Best ways to dethatch your lawn

The best way to dethatch your lawn is to use specialized dethatching tools. For small lawns, manually removing the thatch by using a dethatching rake will do especially if the lawn has light thatch. However, if you are working on a larger lawn, then using power rakes or dethatchers with vertical blades is advisable. These tools use automatically rotating blades or tines to cut into the thatch layer, and they thus tend to be more effective at handling larger-sized lawns or lawns with thick thatch layers.

Before dethatching, it is always advisable that you water the lawn at least the day before. This will ensure that the lawn is moist, something that will make the process easier. Cutting the grass to a point where it is half of its normal height is also recommended.

Removing the thatch layer naturally by accelerating the rate at which dead material in the thatch layer decomposes, is also a great way of dethatching a lawn. With this method, all you have to do is to create conditions that are conducive to microbial activity.
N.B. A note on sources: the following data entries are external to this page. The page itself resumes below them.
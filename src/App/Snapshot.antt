-- ===== src/App/Snapshot.antt =====
-- src/app.rs, `snapshot`: the connection and the dot. `none` is the panic of `expect("connected")`. The
-- menu and the texts of the snapshot are left out.
use sony_buds_tray_control.App.Defs.{AppCore, ConnState, NcDot}
use sony_buds_tray_control.App.Invariant.{AppOk}
use sony_buds_tray_control.Device.Engine.Build.Total.{IsSome}
use sony_buds_tray_control.Device.Properties.{Properties}
use sony_buds_tray_control.Prelude.{
  Option, arith, bool_eq, eq, if◌then◌else◌, int_eq, list_eq, nat_eq, none, not, option_eq, some,
}
use sony_buds_tray_control.Protocol.Enums.{NcAsmMode, enum_eq, nc_asm_mode_enum}

pub record UiSnapshot : Type 0 where
  pub conn_state : ConnState
  pub nc_dot : NcDot

unfoldable pub dot_of : Properties → NcDot
dot_of p =
    if not p.nc_asm_enabled.current
    then NcDot.off
    else if eq p.nc_asm_mode.current NcAsmMode.asm
    then NcDot.ambient
    else NcDot.noise_cancelling

module _ {W C : Type 0} where
  unfoldable pub snapshot : AppCore W C → Option UiSnapshot
  unfolding dot_of
  snapshot app = elim app.conn_state [
    | ConnState.connected ↦ elim app.engine [
      | none ↦ none
      | some l ↦ some (record { conn_state = ConnState.connected; nc_dot = dot_of l.engine.props })
    ]
    | other ↦ some (record { conn_state = other; nc_dot = NcDot.hidden })
  ]

  pub snapshot-IsSome : (app : AppCore W C) → AppOk app → IsSome (snapshot app)
  unfolding snapshot
  snapshot-IsSome app good = ground arith
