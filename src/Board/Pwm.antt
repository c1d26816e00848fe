-- ===== src/Board/Pwm.antt =====
-- The wrap and the level that `ocaml_pwm_init` and `ocaml_pwm_set_duty` program.
use pico_ocaml.Prelude.{
  ℕ, ◌+◌, ◌*◌, ◌/◌, ◌^◌, ◌≤◌, ◌<◌, ◌≡◌, ◌↔◌, ◌⊎◌, inl, inr, Option, none, some, List, [], ◌∷◌,
  arith, true, dec_lt, ap, subst,
}
use pico_ocaml.Prelude.Value.{val_int, int_val, val_unit}
use pico_ocaml.Board.{
  SdkCall, Does, PwmPins, wrap_for, level_for, ocaml_pwm_init, ocaml_pwm_set_duty,
}
use native.Mathlib.Nat.{div-add-mod, mod-lt, mul-le-mul_left, mul-le-mul_right}

wrap_for-le : (freq : ℕ) → wrap_for freq ≤ 65535
wrap_for-le freq = ground arith

-- The level is the share of the wrap that the duty is of 65535, rounded down.
pub record IsShare (wrap duty level : ℕ) : Type 0 where
  pub below : 65535 * level ≤ wrap * duty
  pub above : wrap * duty < 65535 * (level + 1)

level_for-IsShare :
    (wrap duty : ℕ) → wrap ≤ 65535 → duty ≤ 65535 → IsShare wrap duty (level_for wrap duty)
level_for-IsShare wrap duty hw hd = record {
  below = omega (arith, no_wrap);
  above = omega (arith, no_wrap);
}
  where
    no_wrap : wrap * duty ≤ 65535 * 65535
    no_wrap = omega (arith, mul-le-mul_right duty hw, mul-le-mul_left 65535 hd)

share-le : (wrap duty level : ℕ) → duty ≤ 65535 → IsShare wrap duty level → level ≤ wrap
share-le wrap duty level hd s = omega (arith, s.below, mul-le-mul_left wrap hd)

-- the level that a list of calls sets last
abbrev last_level : List SdkCall → Option ℕ
last_level [] = none
last_level (SdkCall.pwm_set_chan_level slice chan level ∷ cs) = elim (last_level cs) [
  | none ↦ some level
  | some l ↦ some l
]
last_level (_ ∷ cs) = last_level cs

abbrev pub level_of : Option Does → Option ℕ
level_of none = none
level_of (some (v, cs)) = last_level cs

wrap_for-full : (freq : ℕ) → 0 < freq → freq ≤ 1907 → wrap_for freq ≡ 65535
wrap_for-full freq h hf =
    ground (
      arith,
      div-add-mod 125000000 freq,
      mod-lt 125000000 h,
      mul-le-mul_right (125000000 / freq) hf,
    )

wrap_for-part : (freq : ℕ) → 1907 < freq → wrap_for freq < 65535
wrap_for-part freq hf =
    ground (arith, div-add-mod 125000000 freq, mul-le-mul_right (125000000 / freq) (more freq hf))
  where
    more : (x : ℕ) → 1907 < x → 1908 ≤ x
    more x h = omega arith

-- The share of the wrap is the duty itself only for a wrap of 65535, or for no duty.
share-duty : (wrap duty : ℕ) → IsShare wrap duty duty → wrap < 65535 → duty ≡ 0
share-duty wrap duty s h = omega (arith, s.below, mul-le-mul_right duty (below_it wrap h))
  where
    below_it : (x : ℕ) → x < 65535 → x ≤ 65534
    below_it x h = omega arith

module _ (pins : PwmPins) (pin freq duty : ℕ) where
  abbrev pub init_calls : ℕ → List SdkCall
  init_calls level =
      SdkCall.gpio_set_function_pwm pin
      ∷ SdkCall.pwm_set_wrap (pins.slice_of pin) (wrap_for freq)
      ∷ SdkCall.pwm_set_chan_level (pins.slice_of pin) (pins.channel_of pin) level
      ∷ SdkCall.pwm_set_enabled (pins.slice_of pin) true
      ∷ []

  -- For a frequency that is not 0 and a duty of at most 65535, `ocaml_pwm_init` programs the wrap
  -- min(125000000 / freq, 65535) and a level that is the share of the wrap that the duty is of
  -- 65535, rounded down: nothing overflows or is cut off, the level is at most the wrap, and it
  -- is the wrap for the duty 65535.
  pub ocaml_pwm_init_lem :
      pin < 2 ^ 30
      → 0 < freq
      → freq < 2 ^ 30
      → duty ≤ 65535
      → (level : ℕ) × (ocaml_pwm_init pins (val_int pin) (val_int freq) (val_int duty)
          ≡ some (val_unit, init_calls level))
        × IsShare (wrap_for freq) duty level
        × (level ≤ wrap_for freq)
        × (wrap_for freq ≤ 65535)
        × ((duty ≡ 65535) → level ≡ wrap_for freq)
  unfolding ocaml_pwm_init
  ocaml_pwm_init_lem hp hf hf' hd =
      let level = level_for (wrap_for freq) duty in
      let share = level_for-IsShare (wrap_for freq) duty (wrap_for-le freq) hd in
      let le = share-le (wrap_for freq) duty level hd share in
      (
        level,
        ground (
          arith,
          carried pin hp,
          carried freq hf',
          carried duty (omega arith),
          le,
          wrap_for-le freq,
        ),
        share,
        le,
        wrap_for-le freq,
        λ full. omega (arith, ap (λ d. wrap_for freq * d) full, le, share.above),
      )
    where
      carried : (x : ℕ) → x < 2 ^ 30 → int_val (val_int x) ≡ x
      carried x h = ground arith

  -- The duty that `ocaml_pwm_set_duty` writes as the level is the level that `ocaml_pwm_init`
  -- sets for it, for a frequency that is not 0 and a duty of at most 65535, if and only if the
  -- duty is 0 or the frequency is at most 1907 Hz.
  pub ocaml_pwm_set_duty-agrees :
      pin < 2 ^ 30
      → 0 < freq
      → freq < 2 ^ 30
      → duty ≤ 65535
      → (level_of (ocaml_pwm_init pins (val_int pin) (val_int freq) (val_int duty))
          ≡ level_of (some (ocaml_pwm_set_duty pins (val_int pin) (val_int duty))))
        ↔ ((freq ≤ 1907) ⊎ (duty ≡ 0))
  unfolding ocaml_pwm_init ocaml_pwm_set_duty
  ocaml_pwm_set_duty-agrees hp hf hf' hd =
      let (level, e, share, le, _, _) = ocaml_pwm_init_lem hp hf hf' hd in
      (
        (λ same. elim (dec_lt 1907 freq) [
          | yes part ↦ inr (
              share-duty (wrap_for freq) duty
                (subst (IsShare (wrap_for freq) duty) (agree level e same) share)
                (wrap_for-part freq part))
          | no full ↦ inl (omega arith)
        ]),
        λ c. elim c [
          | inl full ↦ rw (ap level_of e) (
              ap some (
                omega (
                  arith,
                  wrap_for-full freq hf full,
                  carried duty,
                  ap (λ x. x * duty) (wrap_for-full freq hf full),
                  share.below,
                  share.above,
                )))
          | inr zero_duty ↦ rw (ap level_of e) (
              ap some (
                omega (
                  arith,
                  zero_duty,
                  carried duty,
                  ap (λ x. wrap_for freq * x) zero_duty,
                  share.below,
                )))
        ],
      )
    where
      carried : (x : ℕ) → x < 2 ^ 30 → int_val (val_int x) ≡ x
      carried x h = ground arith

      agree :
          (level : ℕ)
          → ocaml_pwm_init pins (val_int pin) (val_int freq) (val_int duty)
            ≡ some (val_unit, init_calls level)
          → level_of (ocaml_pwm_init pins (val_int pin) (val_int freq) (val_int duty))
            ≡ level_of (some (ocaml_pwm_set_duty pins (val_int pin) (val_int duty)))
          → level ≡ duty
      agree level e same = ground (arith, e, same, carried duty)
This includes treating the soil to ensure that it has the ideal pH, watering your soil regularly, and improving soil aeration.

Dethatching your lawn naturally is great because it doesn’t inflict as much damage to the lawn as mechanical dethatching. However, it tends to be slow, and when you are dealing with extremely thick thatch layers, can sometimes prove to be ineffective.

Cost of dethatching by a lawn care company

Generally, the cost of dethatching a lawn is between $0.2 and $0.4 per square foot. However, this cost varies widely depending on the size of the lawn and the thickness of the thatch layer. As a result, the cost can be as low as $100 or as high as $700, with most people spending an average of $215 per dethatching job.

DIY vs professional dethatching

Generally, DIY dethatching tends to be cheaper than professional dethatching. This is because when you choose to dethatch your lawn on your own, you won’t pay for the expertise and time of the lawn care company. As a result, you will have to rent out dethatching equipment, and then dedicate time to getting the process done. This makes DIY dethatching a more time-consuming and labor-intensive option.

On the other hand, while professional dethatching typically costs more, it tends to be a convenient alternative. This is so especially for people who don’t have time to spend time working on their lawns. It is also ideal for anyone who cares about getting the best results, simply because experts and lawn care specialists tend to do a better job than DIYers. These companies have better tools, have a richer on-the-job experience, and generally get the job done faster.